En 1998, Pol Pot o el hermano número uno, murió a los 73 años, en su refugio al oeste del país. En ese año, Sihanouk ofreció una amnistía a los Jemeres Rojos, quienes, en su mayoría, aceptaron, volviendo a la sociedad. No es hasta 2003 cuando una nueva legislación permitió juzgar por crímenes contra la humanidad a los responsables del genocidio. Cuatro años más tarde se estableció el tribunal internacional y comenzaron los procesos contra: Kang Kech Ieu, director de la S-21 y Mam Nay, jefe interrogador; Nuon Chea, mano derecha de Pol Pot; Keo Pok, responsable del genocidio Cham; Ieng Sary ministro de exteriores y Khieu Samphan, jefe de estado e ideólogo, entre una treintena de acusados.
A pesar de los juicios, Chum Mey, como la mayoría de los camboyanos, no se atreve a preguntar sobre los muertos y desaparecidos, los hijos del genocidio. Según él, "los jóvenes no han vivido lo que le tocó a nuestra generación. No saben nada. No saben que las guerras son malas y que la mayoría de la gente que muere es inocente". Por ello, su meta es "explicar mi experiencia a los jóvenes camboyanos y del mundo, para que nunca más se repita".

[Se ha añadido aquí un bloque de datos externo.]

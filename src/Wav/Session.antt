-- ===== src/Wav/Session.antt =====
-- One WAV file from `open_sink` through any number of audio callbacks to `CloseWavSink`
-- (src/control_center_v1.cpp).
use Prim.Native.String.{String}
use mac_kinect_native.Base.{
  ℕ, zero, suc, ◌+◌, ◌-◌, ◌*◌, ◌/◌, ◌^◌, ◌≤◌, ◌<◌, ◌≡◌, refl, sym, ap, ◌∙◌, some, List, [], ◌∷◌,
  ◌++◌, arith,
}
use native.Mathlib.Nat.{mod-eq_of_lt}
use mathlib.Core.List.{append-nil, append_assoc}
use mac_kinect_native.Base.Lists.{length, length-append}
use mac_kinect_native.Base.Int.{ℤ}
use mac_kinect_native.Wav.Header.{u32, u64, wav_header}
use mac_kinect_native.Wav.ReadHeader.{length-wav_header}
use mac_kinect_native.Wav.DiskFile.{DiskFile, new_file, rewind, fwrite_at_end, fwrite_over}
use mac_kinect_native.Wav.Sink.{
  WavSink, wav_sample_rate, write_wav_header, data_bytes, close_wav_sink, open_sink, to_word,
  le_bytes, samples_bytes, write_samples,
}

length-le_bytes : (k w : ℕ) → length (le_bytes k w) ≡ k
unfolding le_bytes
length-le_bytes zero w = refl
length-le_bytes (suc k) w = ap suc (length-le_bytes k (w / 256))

pub length-samples_bytes :
    (width n i : ℕ) (p : ℕ → ℤ) → length (samples_bytes width n i p) ≡ n * width
unfolding samples_bytes
length-samples_bytes width zero i p = omega arith
length-samples_bytes width (suc n) i p = omega (
  arith,
  length-append (le_bytes width (to_word width (p i))) (samples_bytes width n (suc i) p),
  length-le_bytes width (to_word width (p i)),
  length-samples_bytes width n (suc i) p,
)

-- An open sink whose file has a header of length 0 and then `audio`, with room for `more` bytes.
pub record Holds (s : WavSink) (width : ℕ) (audio : List ℕ) (more : ℕ) : Type 0 where
  pub disk_file : DiskFile
  pub is_open : s.file ≡ some disk_file
  pub holds : disk_file.content ≡ wav_header wav_sample_rate (8 * width) 0 ++ audio
  pub at_end : disk_file.position ≡ length disk_file.content
  pub fits : 44 + length audio + more ≤ disk_file.room
  pub bits : s.bits_per_sample ≡ 8 * width
  pub counted : s.sample_count * width ≡ length audio

-- The batches of samples that successive callbacks bring.
pub write_batches : ℕ → List (ℕ × (ℕ → ℤ)) → WavSink → WavSink
write_batches width [] s = s
write_batches width ((n, p) ∷ bs) s = write_batches width bs (write_samples width n (some p) s)

abbrev pub batches_bytes : ℕ → List (ℕ × (ℕ → ℤ)) → List ℕ
batches_bytes width [] = []
batches_bytes width ((n, p) ∷ bs) = samples_bytes width n 0 p ++ batches_bytes width bs

le-mul_pos : (a w : ℕ) → 0 < w → a ≤ a * w
le-mul_pos a w h = grind arith

-- The sample counter does not wrap while the bytes number less than 2^32.
count_exact : (c n w a : ℕ) → 0 < w → c * w ≡ a → a + n * w < 2 ^ 32 → u64 (c + n) * w ≡ a + n * w
count_exact c n w a h e small =
    let product : (c + n) * w ≡ a + n * w = omega (arith, e) in
    let under : c + n < 2 ^ 64 = omega (arith, le-mul_pos (c + n) w h, product) in
    ap (λ k. k * w) (mod-eq_of_lt under) ∙ product

open_sink-Holds :
    (room : ℕ) (path : String) (width : ℕ) (s : WavSink)
    → 44 ≤ room
    → Holds (open_sink (some room) path (8 * width) s).0 width [] (room - 44)
unfolding open_sink write_wav_header new_file rewind
open_sink-Holds room path width s h =
    let header = wav_header wav_sample_rate (8 * width) 0 in
    let size = length-wav_header wav_sample_rate (8 * width) 0 in
    let written = fwrite_at_end header (rewind (new_file room)) refl (omega (arith, size)) in
    record {
      disk_file = record { content = header; position = length header; room = room };
      is_open = ap (λ r. some r.0) written;
      holds = sym (append-nil header);
      at_end = refl;
      fits = omega arith;
      bits = refl;
      counted = omega arith;
    }

write_samples-Holds :
    (s : WavSink) (width n more : ℕ) (p : ℕ → ℤ) (audio : List ℕ)
    → 0 < width
    → length audio + n * width < 2 ^ 32
    → Holds s width audio (n * width + more)
    → Holds (write_samples width n (some p) s) width (audio ++ samples_bytes width n 0 p) more
unfolding write_samples
write_samples-Holds s width n more p audio pos small h =
    let f = h.disk_file in
    let bytes = samples_bytes width n 0 p in
    let size = length-samples_bytes width n 0 p in
    let header = wav_header wav_sample_rate (8 * width) 0 in
    let total = length-append header audio in
    let len : length f.content ≡ 44 + length audio =
      ap length h.holds ∙ omega (arith, total, length-wav_header wav_sample_rate (8 * width) 0) in
    let written = fwrite_at_end bytes f h.at_end (omega (arith, len, size, h.fits)) in
    rw (h.is_open, write_samples)
      (record {
        disk_file = record f {
          content = f.content ++ bytes;
          position = length (f.content ++ bytes);
        };
        is_open = ap (λ r. some r.0) written;
        holds = ap (λ l. l ++ bytes) h.holds ∙ append_assoc header audio bytes;
        at_end = refl;
        fits = omega (arith, h.fits, length-append audio bytes, size);
        bits = h.bits;
        counted =
            count_exact s.sample_count n width (length audio) pos h.counted small
            ∙ omega (arith, length-append audio bytes, size);
      })

-- The bytes that a list of batches takes.
abbrev pub batches_size : ℕ → List (ℕ × (ℕ → ℤ)) → ℕ
batches_size width [] = 0
batches_size width ((n, p) ∷ bs) = n * width + batches_size width bs

pub length-batches_bytes :
    (width : ℕ) (bs : List (ℕ × (ℕ → ℤ))) → length (batches_bytes width bs) ≡ batches_size width bs
length-batches_bytes width [] = refl
length-batches_bytes width ((n, p) ∷ bs) = omega (
  arith,
  length-append (samples_bytes width n 0 p) (batches_bytes width bs),
  length-samples_bytes width n 0 p,
  length-batches_bytes width bs,
)

Holds-less :
    {s : WavSink} {width : ℕ} {audio : List ℕ} {more less : ℕ}
    → Holds s width audio more
    → less ≤ more
    → Holds s width audio less
Holds-less h le = record {
  disk_file = h.disk_file;
  is_open = h.is_open;
  holds = h.holds;
  at_end = h.at_end;
  fits = omega (arith, h.fits);
  bits = h.bits;
  counted = h.counted;
}

write_batches-Holds :
    (width : ℕ) (bs : List (ℕ × (ℕ → ℤ))) (s : WavSink) (audio : List ℕ)
    → 0 < width
    → length audio + batches_size width bs < 2 ^ 32
    → Holds s width audio (batches_size width bs)
    → Holds (write_batches width bs s) width (audio ++ batches_bytes width bs) 0
unfolding write_batches
write_batches-Holds width [] s audio pos small h = rw (append-nil audio) h
write_batches-Holds width ((n, p) ∷ bs) s audio pos small h =
    let bytes = samples_bytes width n 0 p in
    let h' = write_samples-Holds s width n (batches_size width bs) p audio pos (omega arith) h in
    let size = length-append audio bytes in
    let size' = length-samples_bytes width n 0 p in
    rw (← append_assoc audio bytes (batches_bytes width bs)) (
      write_batches-Holds width bs (write_samples width n (some p) s) (audio ++ bytes) pos
        (omega (arith, size, size')) h')

data_bytes_exact :
    (s : WavSink) (width : ℕ)
    → s.bits_per_sample ≡ 8 * width
    → width < 2 ^ 32
    → s.sample_count * width < 2 ^ 32
    → data_bytes s ≡ s.sample_count * width
unfolding data_bytes
data_bytes_exact s width bits narrow small =
    let e : u32 (s.bits_per_sample / 8) ≡ width = omega arith in rw e (ground arith)

-- Closing a file that begins with 44 bytes puts the header in their place.
pub close_wav_sink_content :
    (s : WavSink) (f : DiskFile) (old rest : List ℕ)
    → s.file ≡ some f
    → f.content ≡ old ++ rest
    → length old ≡ 44
    → 44 ≤ f.room
    → (close_wav_sink s).1
      ≡ some (wav_header wav_sample_rate s.bits_per_sample (data_bytes s) ++ rest)
unfolding close_wav_sink write_wav_header data_bytes
close_wav_sink_content s f old rest is_open holds size fits =
    let new = wav_header wav_sample_rate s.bits_per_sample (data_bytes s) in
    let size_new = length-wav_header wav_sample_rate s.bits_per_sample (data_bytes s) in
    let written = fwrite_over old new rest f holds (size_new ∙ sym size) (omega arith) in
    rw (is_open, close_wav_sink) (ap (λ r. some (r.0.content)) written)

close_wav_sink-Holds :
    (s : WavSink) (width : ℕ) (audio : List ℕ)
    → width < 2 ^ 32
    → length audio < 2 ^ 32
    → Holds s width audio 0
    → (close_wav_sink s).1 ≡ some (wav_header wav_sample_rate (8 * width) (length audio) ++ audio)
close_wav_sink-Holds s width audio narrow small h =
    let size = data_bytes_exact s width h.bits narrow (omega (arith, h.counted)) ∙ h.counted in
    let old = wav_header wav_sample_rate (8 * width) 0 in
    rw (← size, ← h.bits)
      (close_wav_sink_content s h.disk_file old audio h.is_open h.holds
        (length-wav_header wav_sample_rate (8 * width) 0) (omega (arith, h.fits)))

-- A whole recording: a file is opened, takes any batches of samples of `width` bytes, and is closed.
-- If the disk has room for the header and the samples, and the samples take less than 2^32 bytes,
-- then the file on the disk is a header whose data size is exactly what was recorded, followed by
-- all the samples in order.
pub close-write-open :
    (room : ℕ) (path : String) (width : ℕ) (bs : List (ℕ × (ℕ → ℤ))) (s : WavSink)
    → 0 < width
    → width < 2 ^ 32
    → batches_size width bs < 2 ^ 32
    → 44 + batches_size width bs ≤ room
    → (close_wav_sink (write_batches width bs (open_sink (some room) path (8 * width) s).0)).1
      ≡ some
          (wav_header wav_sample_rate (8 * width) (batches_size width bs) ++ batches_bytes width bs)
close-write-open room path width bs s pos narrow small fits =
    let opened = open_sink-Holds room path width s (omega arith) in
    let sink = (open_sink (some room) path (8 * width) s).0 in
    let ready : Holds sink width [] (batches_size width bs) = Holds-less opened (omega arith) in
    let done = write_batches-Holds width bs sink [] pos (omega arith) ready in
    let total = length-batches_bytes width bs in
    rw (← total) (
      close_wav_sink-Holds (write_batches width bs sink) width (batches_bytes width bs) narrow
        (omega (arith, total)) done)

Para que las heridas se cierren y el país se vuelque hacia el futuro, aún queda un trecho. A pesar de ser una de las naciones más pobres de Asia y tener unos índices de desarrollo, corrupción, esperanza de vida y mortalidad infantil que dejan mucho que desear, poco a poco, Camboya escapa de la fosa a la que el turbulento siglo XX la empujó como nación.